As stated by the PRESIDENT'S COMMISSION ON INDUSTRIAL COMPETITIVENESS (1985), this country has failed to develop its human resources as well as other nations. This problem becomes evident when comparing our educational system with those of other countries. Only 70% of the students in American schools successfully complete high school while 98% of Japanese students complete high school (Jonas, 1987). The recent plethora of national reports that focus on educational reform further support the need for strengthening America's educational systems (Carnegie Forum, 1986; National Commission on Secondary Vocational Education, 1984; Parnell, 1985).
Even if the U. S. is able to continue developing new technologies and makes the capital expenditures necessary to utilize those developments, great improvements in productivity will be unlikely unless workers have the level of education and skill needed to handle the advanced technologies (Berger, 1987). In response to this need, educational programs at the secondary and post-secondary levels need to identify the knowledge and skills that will be needed by the future workforce to successfully work with and maintain the advanced technologies and develop appropriate delivery systems for the teaching of the new content.

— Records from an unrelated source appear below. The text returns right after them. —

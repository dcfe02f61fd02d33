-- ===== src/Governance/Proposals/History.antt =====
-- ProposalManager.ts: calls of the manager in a sequence, and which proposals they resolve.
use sera_core.Prelude.{
  ℕ, ◌+◌, ◌≤◌, String, ◌≡◌, refl, Option, none, some, List, [], ◌∷◌, arith, Option-cases,
  Bool-cases, inl, inr, ◌==◌, eq_iff, if◌then◌else◌, is_some, filter, not, nat_eq,
}
use sera_core.Dict
use sera_core.Dict.{Dict}
use sera_core.Dict.Laws.{get-set, get-delete}
use sera_core.Governance.Proposals.{
  Proposal, ProposeGoalPayload, Event, proposal_generated, goal_spawned, agent_speak, Timeout,
  ProposalManager, emit, create_proposal, clear_timer, drop_pending, id_of, resolve,
  approve_proposal, reject_proposal, expire_proposal, fire, start,
}

-- a call of the manager, with the identifiers and clock readings that it takes
pub data Command : Type 0 where
  create : ℕ → String → ProposeGoalPayload → Command
  approve : String → String → Command
  reject : String → Command
  expire : String → Command
  elapse : Timeout → Command

unfoldable pub run_command : Command → ProposalManager → ProposalManager
run_command (create now fresh p) m = (create_proposal now fresh p m).1
run_command (approve request_id id) m = (approve_proposal request_id id m).1
run_command (reject id) m = (reject_proposal id m).1
run_command (expire id) m = (expire_proposal id m).1
run_command (elapse t) m = fire t m

unfoldable pub run_commands : List Command → ProposalManager → ProposalManager
run_commands [] m = m
run_commands (c ∷ cs) m = run_commands cs (run_command c m)

abbrev target_of : Option (String × Proposal) → Option String
target_of none = none
target_of (some (k, p)) = some k

abbrev if_found : String → Option Proposal → Option String
if_found id none = none
if_found id (some p) = some id

-- the proposal that a call resolves, if it resolves one
abbrev resolved_by : Command → ProposalManager → Option String
resolved_by (create now fresh p) m = none
resolved_by (approve request_id id) m = target_of (resolve id m)
resolved_by (reject id) m = target_of (resolve id m)
resolved_by (expire id) m = if_found id (Dict.get m.pending id)
resolved_by (elapse t) m = if_found t.proposal_id (Dict.get m.pending t.proposal_id)

abbrev tally : String → Option String → ℕ
tally j none = 0
tally j (some k) = if k == j then 1 else 0

abbrev one_of : Option String → ℕ
one_of none = 0
one_of (some k) = 1

-- the calls that resolve a proposal
unfoldable pub resolutions : String → List Command → ProposalManager → ℕ
resolutions j [] m = 0
resolutions j (c ∷ cs) m = tally j (resolved_by c m) + resolutions j cs (run_command c m)

-- the calls that resolve any proposal
unfoldable pub all_resolutions : List Command → ProposalManager → ℕ
all_resolutions [] m = 0
all_resolutions (c ∷ cs) m = one_of (resolved_by c m) + all_resolutions cs (run_command c m)

-- the proposal cards of an identifier that were shown
abbrev pub generated : String → List Event → ℕ
generated j [] = 0
generated j (proposal_generated id i ps ∷ es) = generated j es + (if id == j then 1 else 0)
generated j (_ ∷ es) = generated j es

-- the resolutions on the record: a goal spawned, or the word that it was cancelled or ran out
abbrev pub resolved : List Event → ℕ
resolved [] = 0
resolved (goal_spawned r i ps u ∷ es) = resolved es + 1
resolved (agent_speak t c ∷ es) = resolved es + 1
resolved (_ ∷ es) = resolved es

-- one if the proposal waits, or else none
abbrev pub waiting : String → ProposalManager → ℕ
waiting j m = if is_some (Dict.get m.pending j) then 1 else 0

-- what a step from one state to another does to each identifier's proposals and to the record
record Accounts (o : Option String) (m m' : ProposalManager) : Type 0 where
  each :
      (j : String)
      → waiting j m' + tally j o + generated j m.events ≤ waiting j m + generated j m'.events
  on_record : resolved m'.events ≡ resolved m.events + one_of o

-- what `resolve` finds is pending
pub resolve-pending :
    (id : String) (m : ProposalManager) (k : String) (p : Proposal)
    → resolve id m ≡ some (k, p)
    → Dict.get m.pending k ≡ some p
unfolding resolve
resolve-pending id m k p h = ground arith

pub pending-clear_timer :
    (id : String) (m : ProposalManager) → (clear_timer id m).pending ≡ m.pending
unfolding clear_timer
pending-clear_timer id m = ground arith

pub events-clear_timer : (id : String) (m : ProposalManager) → (clear_timer id m).events ≡ m.events
unfolding clear_timer
events-clear_timer id m = ground arith

waiting-delete :
    (k j : String) (p : Proposal) (m m' : ProposalManager)
    → Dict.get m.pending k ≡ some p
    → m'.pending ≡ Dict.delete m.pending k
    → waiting j m' + tally j (some k) ≤ waiting j m
waiting-delete k j p m m' g d = elim (Bool-cases (k == j)) [
  | inl same ↦
      let there : Dict.get m.pending j ≡ some p = rw (← (eq_iff k j).0 same) g in
      rw (d, get-delete, same, there) (omega arith)
  | inr other ↦ rw (d, get-delete, other) (omega arith)
]

-- A pending proposal comes off the list as its resolution goes on the record.
close-Accounts :
    (k : String) (p : Proposal) (m m' : ProposalManager)
    → Dict.get m.pending k ≡ some p
    → m'.pending ≡ Dict.delete m.pending k
    → resolved m'.events ≡ resolved m.events + 1
    → ((j : String) → generated j m'.events ≡ generated j m.events)
    → Accounts (some k) m m'
close-Accounts k p m m' g d r e = record {
  each = λ j. omega (arith, waiting-delete k j p m m' g d, e j);
  on_record = r;
}

still-Accounts : (m : ProposalManager) → Accounts none m m
still-Accounts m = record { each = λ j. omega arith; on_record = omega arith }

create-Accounts :
    (now : ℕ) (fresh : String) (p : ProposeGoalPayload) (m : ProposalManager)
    → Accounts none m (create_proposal now fresh p m).1
unfolding create_proposal emit
create-Accounts now fresh p m = record {
  each = λ j. ground (arith, get-set m.pending (id_of fresh p) j p.proposal);
  on_record = omega arith;
}

approve-Accounts :
    (request_id id : String) (m : ProposalManager)
    → Accounts (resolved_by (approve request_id id) m) m (approve_proposal request_id id m).1
unfolding approve_proposal emit drop_pending
approve-Accounts request_id id m = elim (Option-cases (resolve id m)) [
  | inl e ↦ rw (e, approve_proposal) (still-Accounts m)
  | inr ((k, p), e) ↦
      rw (e, approve_proposal)
        (close-Accounts k p m _ (resolve-pending id m k p e) (rw pending-clear_timer refl)
          (rw events-clear_timer refl) (λ j. rw events-clear_timer refl))
]

reject-Accounts :
    (id : String) (m : ProposalManager)
    → Accounts (resolved_by (reject id) m) m (reject_proposal id m).1
unfolding reject_proposal emit drop_pending
reject-Accounts id m = elim (Option-cases (resolve id m)) [
  | inl e ↦ rw (e, reject_proposal) (still-Accounts m)
  | inr ((k, p), e) ↦
      rw (e, reject_proposal)
        (close-Accounts k p m _ (resolve-pending id m k p e) (rw pending-clear_timer refl)
          (rw events-clear_timer refl) (λ j. rw events-clear_timer refl))
]

expire-Accounts :
    (id : String) (m : ProposalManager)
    → Accounts (resolved_by (expire id) m) m (expire_proposal id m).1
unfolding expire_proposal emit drop_pending
expire-Accounts id m = elim (Option-cases (Dict.get m.pending id)) [
  | inl e ↦ rw (e, expire_proposal) (still-Accounts m)
  | inr (p, e) ↦
      rw (e, expire_proposal)
        (close-Accounts id p m _ e (rw pending-clear_timer refl) (rw events-clear_timer refl)
          (λ j. rw events-clear_timer refl))
]

run_command-Accounts :
    (c : Command) (m : ProposalManager) → Accounts (resolved_by c m) m (run_command c m)
unfolding run_command fire
run_command-Accounts (create now fresh p) m = create-Accounts now fresh p m
run_command-Accounts (approve request_id id) m = approve-Accounts request_id id m
run_command-Accounts (reject id) m = reject-Accounts id m
run_command-Accounts (expire id) m = expire-Accounts id m
run_command-Accounts (elapse t) m =
    let a =
      expire-Accounts t.proposal_id
        (record m { scheduled = filter (λ u. not (nat_eq u.handle t.handle)) m.scheduled }) in
    record { each = a.each; on_record = a.on_record }

run_commands-each :
    (j : String) (cs : List Command) (m : ProposalManager)
    → waiting j (run_commands cs m) + resolutions j cs m + generated j m.events
      ≤ waiting j m + generated j (run_commands cs m).events
unfolding run_commands resolutions
run_commands-each j [] m = omega arith
run_commands-each j (c ∷ cs) m =
    let a = run_command-Accounts c m in
    omega (arith, a.each j, run_commands-each j cs (run_command c m))

run_commands-resolved :
    (cs : List Command) (m : ProposalManager)
    → resolved (run_commands cs m).events ≡ resolved m.events + all_resolutions cs m
unfolding run_commands all_resolutions
run_commands-resolved [] m = omega arith
run_commands-resolved (c ∷ cs) m =
    let a = run_command-Accounts c m in
    omega (arith, a.on_record, run_commands-resolved cs (run_command c m))

-- After any history of creations, approvals, rejections, expirations and timeouts, stale and repeated
-- ones included: the calls that resolved the proposal of an identifier, and one more if a proposal
-- waits under it, are at most the cards that were shown with that identifier, so that a card shown
-- once is resolved at most once; and the calls that resolved any proposal are as many as the goals
-- spawned and the words of a cancellation or an expiration on the record.
pub resolved-le-generated :
    (cs : List Command)
    → ((j : String)
        → waiting j (run_commands cs start) + resolutions j cs start
          ≤ generated j (run_commands cs start).events)
      × (resolved (run_commands cs start).events ≡ all_resolutions cs start)
unfolding Dict.get
resolved-le-generated cs = (
  λ j. omega (arith, run_commands-each j cs start),
  omega (arith, run_commands-resolved cs start),
)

There are several views regarding technological advancement and its effect on the workforce (Naylor, 1985; Rumberger, 1984). One view is that technological advances will be the primary source of new jobs in the future. People read and hear about new jobs being created in the areas of robotics, computers, lasers, and optics. A common belief is that jobs in these areas are completely new and will result in job opportunities for a great many workers. The second view is that advanced technologies will vastly upgrade the skill requirements of future jobs. Advances in technology are believed to make jobs much more complex and therefore, will require higher level skills in the future. A third view is that the development of new technologies will result in the displacement of massive numbers of workers. The development of robotics and automated processes is viewed as a means to eliminate the human worker from the labor force.

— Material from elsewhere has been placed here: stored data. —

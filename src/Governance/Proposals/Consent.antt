-- ===== src/Governance/Proposals/Consent.antt =====
-- No goal is spawned that the user was not shown: each spawned goal repeats, word for word, a
-- proposal card that was generated before it.
use sera_core.Prelude.{
  ℕ, String, ◌≡◌, refl, some, List, [], ◌∷◌, arith, subst, Option-cases, Bool-cases, inl, inr, ◌⊎◌,
  ◌==◌,
}
use sera_core.Dict
use sera_core.Dict.{Dict}
use sera_core.Governance.Proposals.{
  Parameters, Proposal, ProposeGoalPayload, Event, proposal_generated, goal_spawned,
  proposal_expired, ProposalManager, emit, create_proposal, drop_pending, id_of, resolve,
  approve_proposal, reject_proposal, expire_proposal, rejection, expiration, fire, start,
}
use sera_core.Governance.Proposals.History.{
  Command, create, approve, reject, expire, elapse, run_command, run_commands, resolve-pending,
  pending-clear_timer, events-clear_timer,
}

-- a card with this intent and these parameters is among the events
abbrev pub Shown : String → Parameters → List Event → Type 0
Shown i ps [] = ⊥
Shown i ps (proposal_generated id j qs ∷ es) = ((j ≡ i) × (qs ≡ ps)) ⊎ Shown i ps es
Shown i ps (_ ∷ es) = Shown i ps es

-- every goal of the log was shown before it was spawned
abbrev pub AllShown : List Event → Type 0
AllShown [] = Unit
AllShown (goal_spawned r i ps u ∷ es) = Shown i ps es × AllShown es
AllShown (_ ∷ es) = AllShown es

-- every pending proposal has been shown
abbrev pub PendingShown : List Event → Dict Proposal → Type 0
PendingShown es [] = Unit
PendingShown es ((k, p) ∷ d) = Shown p.intent p.parameters es × PendingShown es d

pub record IsTraced (m : ProposalManager) : Type 0 where
  pub spawned : AllShown m.events
  pub waiting : PendingShown m.events m.pending

Shown-later :
    (i : String) (ps : Parameters) (e : Event) (es : List Event)
    → Shown i ps es
    → Shown i ps (e ∷ es)
Shown-later i ps (proposal_generated id j qs) es h = inr h
Shown-later i ps _ es h = h

PendingShown-later :
    (e : Event) (es : List Event) (d : Dict Proposal) → PendingShown es d → PendingShown (e ∷ es) d
PendingShown-later e es [] h = tt
PendingShown-later e es ((k, p) ∷ d) h =
    (Shown-later p.intent p.parameters e es h.0, PendingShown-later e es d h.1)

PendingShown-set :
    (es : List Event) (d : Dict Proposal) (k : String) (p : Proposal)
    → Shown p.intent p.parameters es
    → PendingShown es d
    → PendingShown es (Dict.set d k p)
unfolding Dict.set
PendingShown-set es [] k p s h = (s, tt)
PendingShown-set es ((i, q) ∷ d) k p s h = elim (Bool-cases (i == k)) [
  | inl e ↦ rw e (s, h.1)
  | inr e ↦ rw e (h.0, PendingShown-set es d k p s h.1)
]

PendingShown-delete :
    (es : List Event) (d : Dict Proposal) (k : String)
    → PendingShown es d
    → PendingShown es (Dict.delete d k)
unfolding Dict.delete
PendingShown-delete es [] k h = tt
PendingShown-delete es ((i, q) ∷ d) k h = elim (Bool-cases (i == k)) [
  | inl e ↦ rw e (PendingShown-delete es d k h.1)
  | inr e ↦ rw e (h.0, PendingShown-delete es d k h.1)
]

PendingShown-get :
    (es : List Event) (d : Dict Proposal) (k : String) (p : Proposal)
    → PendingShown es d
    → Dict.get d k ≡ some p
    → Shown p.intent p.parameters es
unfolding Dict.get
PendingShown-get es [] k p h g = cc
PendingShown-get es ((i, q) ∷ d) k p h g = elim (Bool-cases (i == k)) [
  | inl e ↦ let here : q ≡ p = ground arith in subst (λ r. Shown r.intent r.parameters es) here h.0
  | inr e ↦ PendingShown-get es d k p h.1 (rw e at g)
]

-- the event log of `m` with one more event, and the pending list less one proposal
close-IsTraced :
    (k : String) (e : Event) (m m' : ProposalManager)
    → m'.pending ≡ Dict.delete m.pending k
    → m'.events ≡ e ∷ m.events
    → AllShown (e ∷ m.events)
    → IsTraced m
    → IsTraced m'
close-IsTraced k e m m' d l a t = record {
  spawned = rw l a;
  waiting =
      rw (d, l)
        (PendingShown-later e m.events (Dict.delete m.pending k)
          (PendingShown-delete m.events m.pending k t.waiting));
}

create-IsTraced :
    (now : ℕ) (fresh : String) (p : ProposeGoalPayload) (m : ProposalManager)
    → IsTraced m
    → IsTraced (create_proposal now fresh p m).1
unfolding create_proposal emit
create-IsTraced now fresh p m t =
    let e = proposal_generated (id_of fresh p) p.proposal.intent p.proposal.parameters in
    record {
      spawned = t.spawned;
      waiting =
          PendingShown-set (e ∷ m.events) m.pending (id_of fresh p) p.proposal (inl (refl, refl))
            (PendingShown-later e m.events m.pending t.waiting);
    }

approve-IsTraced :
    (request_id id : String) (m : ProposalManager)
    → IsTraced m
    → IsTraced (approve_proposal request_id id m).1
unfolding approve_proposal emit drop_pending
approve-IsTraced request_id id m t = elim (Option-cases (resolve id m)) [
  | inl e ↦ rw (e, approve_proposal) t
  | inr ((k, p), e) ↦
      rw (e, approve_proposal)
        (close-IsTraced k (goal_spawned request_id p.intent p.parameters p.user_message) m _
          (rw pending-clear_timer refl) (rw events-clear_timer refl)
          (
            PendingShown-get m.events m.pending k p t.waiting (resolve-pending id m k p e),
            t.spawned,
          )
          t)
]

reject-IsTraced :
    (id : String) (m : ProposalManager) → IsTraced m → IsTraced (reject_proposal id m).1
unfolding reject_proposal emit drop_pending
reject-IsTraced id m t = elim (Option-cases (resolve id m)) [
  | inl e ↦ rw (e, reject_proposal) t
  | inr ((k, p), e) ↦
      rw (e, reject_proposal)
        (close-IsTraced k (rejection p) m _ (rw pending-clear_timer refl)
          (rw events-clear_timer refl) t.spawned t)
]

expire-IsTraced :
    (id : String) (m : ProposalManager) → IsTraced m → IsTraced (expire_proposal id m).1
unfolding expire_proposal emit drop_pending
expire-IsTraced id m t = elim (Option-cases (Dict.get m.pending id)) [
  | inl e ↦ rw (e, expire_proposal) t
  | inr (p, e) ↦
      rw (e, expire_proposal, events-clear_timer, pending-clear_timer)
        (record {
          spawned = t.spawned;
          waiting =
              PendingShown-later (expiration p)
                (proposal_expired id p.intent p.parameters ∷ m.events) (Dict.delete m.pending id)
                (PendingShown-later (proposal_expired id p.intent p.parameters) m.events
                  (Dict.delete m.pending id) (PendingShown-delete m.events m.pending id t.waiting));
        })
]

run_command-IsTraced : (c : Command) (m : ProposalManager) → IsTraced m → IsTraced (run_command c m)
unfolding run_command fire
run_command-IsTraced (create now fresh p) m t = create-IsTraced now fresh p m t
run_command-IsTraced (approve request_id id) m t = approve-IsTraced request_id id m t
run_command-IsTraced (reject id) m t = reject-IsTraced id m t
run_command-IsTraced (expire id) m t = expire-IsTraced id m t
run_command-IsTraced (elapse u) m t =
    expire-IsTraced u.proposal_id _ (record { spawned = t.spawned; waiting = t.waiting })

run_commands-IsTraced :
    (cs : List Command) (m : ProposalManager) → IsTraced m → IsTraced (run_commands cs m)
unfolding run_commands
run_commands-IsTraced [] m t = t
run_commands-IsTraced (c ∷ cs) m t =
    run_commands-IsTraced cs (run_command c m) (run_command-IsTraced c m t)

-- In the event log of any history of calls, each goal that is spawned has the intent and the
-- parameters of a proposal card that was generated before it.
pub spawned-AllShown : (cs : List Command) → AllShown (run_commands cs start).events
spawned-AllShown cs =
    (run_commands-IsTraced cs start (record { spawned = tt; waiting = tt })).spawned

It is true that technology is having a definite effect on the nature and characteristics of the workforce. New occupations are being created while traditional occupations are being changed or eliminated. The workers that fill these changing occupations must update their knowledge and skills to remain employable.
A wider variety of skills are now needed by the workforce. The diversity of occupations has increased to the point where workers must do things that were once performed by many different individuals. Future workers still need to have specific technical skills. However, employers are beginning to want their new employees to have better basic skills. Basic skills enhance workers' abilities to learn new information and techniques and will make the future workforce more adaptable as advances in technology further changes the workplace.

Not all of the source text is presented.